The article details the roles played by Nick Arroyo; his wife, Nila, and their nine children Nick Jr., Mary Lou, Audrey, Sandy, Terry, Nila, John, Bob and Eddie.

The article noted that the school planted a bottlebrush tree along Schoolhouse Road (SW 52nd Avenue) to honor Nick, adding that a plaque would be placed near the tree.

In 2019, Nick’s seventh child John Arroyo, now 68, found the old Herald article and realized that the plaque had never been installed by his father’s tree, which is now a beautiful mature specimen.

“I called the school and spoke with the principal’s secretary and she put me in touch with the PTA, which made it happen. Today there is a beautiful brass plaque beside the bottlebrush tree,” John explained.

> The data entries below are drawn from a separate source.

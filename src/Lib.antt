-- ===== src/Lib.antt =====
-- Verification of worker-health: the health monitor of a queue worker (src/worker_health in the
-- repository).
--
-- The program. A worker registers checks of its dependencies. A runner evaluates each check when
-- it is due and hands the result to the HealthMonitor. The monitor feeds it to the StateMachine,
-- which keeps one state for each check (hysteresis, backoff, the next due time), stores it, works
-- out which checks report a fault of this very process, emits events when a status changes, and
-- lets the RestartPolicy look at a snapshot. /ready, /live and /health read the state: the
-- aggregate over the enabled checks, the lag of the health loop, the self-faults, and whether the
-- worker drains.
--
-- Which file models which part:
-- - Model: src/worker_health/core/model.py. Enums are data types, the mapping tables are
--   functions, CheckResult and Snapshot are records with the fields that some decision reads.
-- - Machine: src/worker_health/core/machine.py. Machine/Check has what each method of
--   StateMachine does to the settings and the state of one check (apply is `apply_check`,
--   _schedule is `schedule`, _ttl is `check_ttl`, effective is `check_effective`); Machine lifts
--   it to the two dicts. Its other modules hold the theorems: Hysteresis and Backoff on histories
--   of the writes to a check, Schedule on jitter and the ladder of intervals, Freshness on the
--   time to live, Invariant, Registry, Operations and Runs on sequences of operations.
-- - Aggregate: src/worker_health/core/aggregate.py, with Verdict, Views, Worker and Reasons.
-- - Timing: src/worker_health/core/timing.py, with Newest, Sorted and Percentiles.
-- - Restart: src/worker_health/policy/restart.py, with Budget and Firing.
-- - Events: src/worker_health/telemetry/events.py, with Recent.
-- - Monitor: src/worker_health/monitor.py. Monitor has the state and the reads, Monitor/Intake
--   the snapshot, `apply`, `tick` and `begin_shutdown`; Drain, Frame, Wedge and Report hold the
--   theorems, and Calls takes any sequence of the monitor's calls, with the invariant of Sound.
-- - Runner: src/worker_health/runners/base.py and thread_.py. The thread pool is the environment:
--   an evaluation in flight ends at any time between two cycles of the scheduler, or never; how
--   many threads the pool has is not modelled. Ready has the invariant, Cycle the runs of the
--   scheduler, Dispatch and Late the theorems on starting evaluations and on results after a
--   timeout.
-- - Processing: src/worker_health/checks/processing.py, with Counters (histories of what handlers
--   report) and Verdicts (what the check reports).
-- - Ladder: src/worker_health/checks/base.py, with Traffic (histories of calls) and Order (which
--   evidence decides, and the latency policy); Outcome has the results that adapters build.
-- - Probes: src/worker_health/probes/spec.py and factory.py. Probes has configuration values and
--   exceptions, Spec the validation, Definition from_raw, Context the references in params,
--   Factory the installation. Fields, Bounds and Acceptable are about what the validation
--   accepts, Registered about what the state machine gets, Tame and Lenient about the exceptions
--   of an installation.
-- - Config: src/worker_health/config.py, with Precedence (which source decides a setting). It
--   reads its list of probes by Probes/Definition.
-- - Track: src/worker_health/track.py, with Balance (the counters under interleaved calls).
-- - Recorder: src/worker_health/instrument/recorder.py and context.py, with Suppression (probes
--   are no traffic).
-- - Export: the exporter of src/worker_health/telemetry/otel.py, with Accounts (which payloads
--   are counted) and Outage (what the queue holds while the collector is away).
-- - Broker: src/worker_health/checks/rabbitmq.py and instrument/pika_.py. Broker has the state of
--   the connection and the check, Amqp the classification of exceptions, Probe the probe on the
--   connection's thread, Session the callbacks, the replacement of the connection by
--   reconnect_amqp of workers/runtime.py, and runs of them. Verdict, Silence, Alarm, Credit and
--   Recovery hold the theorems, Undisturbed what a tick leaves alone.
-- - Yaml: src/worker_health/_yaml.py, the reader that is used without PyYAML. Yaml has the values
--   and the errors, Lexis the significant lines, Scalar the scalars, Parser the blocks, Render a
--   printer. Fuel, Words and Total show that the fuel is enough, Quotes, Turns and RoundTrip that
--   lines that are printed are read back.
-- - Common: the shared library names, Boolean tests on native numbers, lists, and Python's
--   insertion-ordered dict as an association list.
-- Each Examples file holds tests on concrete inputs, and applies the theorems to them.
--
-- Conventions. Times and durations are natural numbers of microseconds on the monotonic clock;
-- jitter, the backoff multiplier and random draws are counted in thousandths, and a quotient is
-- rounded down where no rounding is written. A reading of the clock and a draw of the random
-- generator are arguments of the operation that makes them, and an operation reads the clock
-- once. `none` stands for an exception; in Probes, where callers tell exceptions apart, it is a
-- value. Configuration numbers are integers of thousandths; what the validation of probes makes
-- of NaN or an infinity, or of a `type` or a `name` that is neither a text nor empty, is the
-- failure `unmodelled`. Under the locks each operation is one step, so an interleaving is a
-- sequence of operations. All recursion is structural but for that of the YAML reader, which
-- takes fuel: three turns for each line and three more, and for a scalar one for each character
-- and one more.
--
-- Not modelled: floating-point rounding, the asyncio runner, the wait between two cycles, the
-- probes of the adapters and their builders, PyYAML, Python's limit on recursion, the encoding of
-- telemetry, HTTP and command line transports, framework integrations, instrumentation of
-- third-party clients, logging, listeners, and the rest of the demo programs.
pub mod Common
pub mod Model
pub mod Machine
pub mod Aggregate
pub mod Timing
pub mod Restart
pub mod Events
pub mod Monitor
pub mod Broker
pub mod Probes
pub mod Processing
pub mod Yaml
pub mod Ladder
pub mod Track
pub mod Config
pub mod Export
pub mod Recorder
pub mod Runner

The Arroyo family lived right behind Sunset Elementary School at 5110 SW 73 Terr., in a house which Nick Arroyo bought in 1949 for $18,500. Ultimately, five different groups of Arroyos representing four generations lived on the street. A movement to rename the road Arroyo Lane is underway.

Nick’s parents were from Venezuela where his father was a highly placed judge. After making a ruling unfavorable to the Venezuelan government, Nick’s father was exiled to the United States, where Nick was born. Nick moved to Venezuela during the Depression years to better his life and find his roots. It was in Caracas that he met and fell in love with Nila, to whom he was married for nearly 50 years.

While living in Caracas during World War II, Nick was a talented electrician and assisted the United States government by installing audio surveillance wiretaps in Venezuelan hotel rooms frequented by German U-Boat commanders. This enabled the Office of Strategic Services to eavesdrop and gather information on U-Boat operations in the Caribbean.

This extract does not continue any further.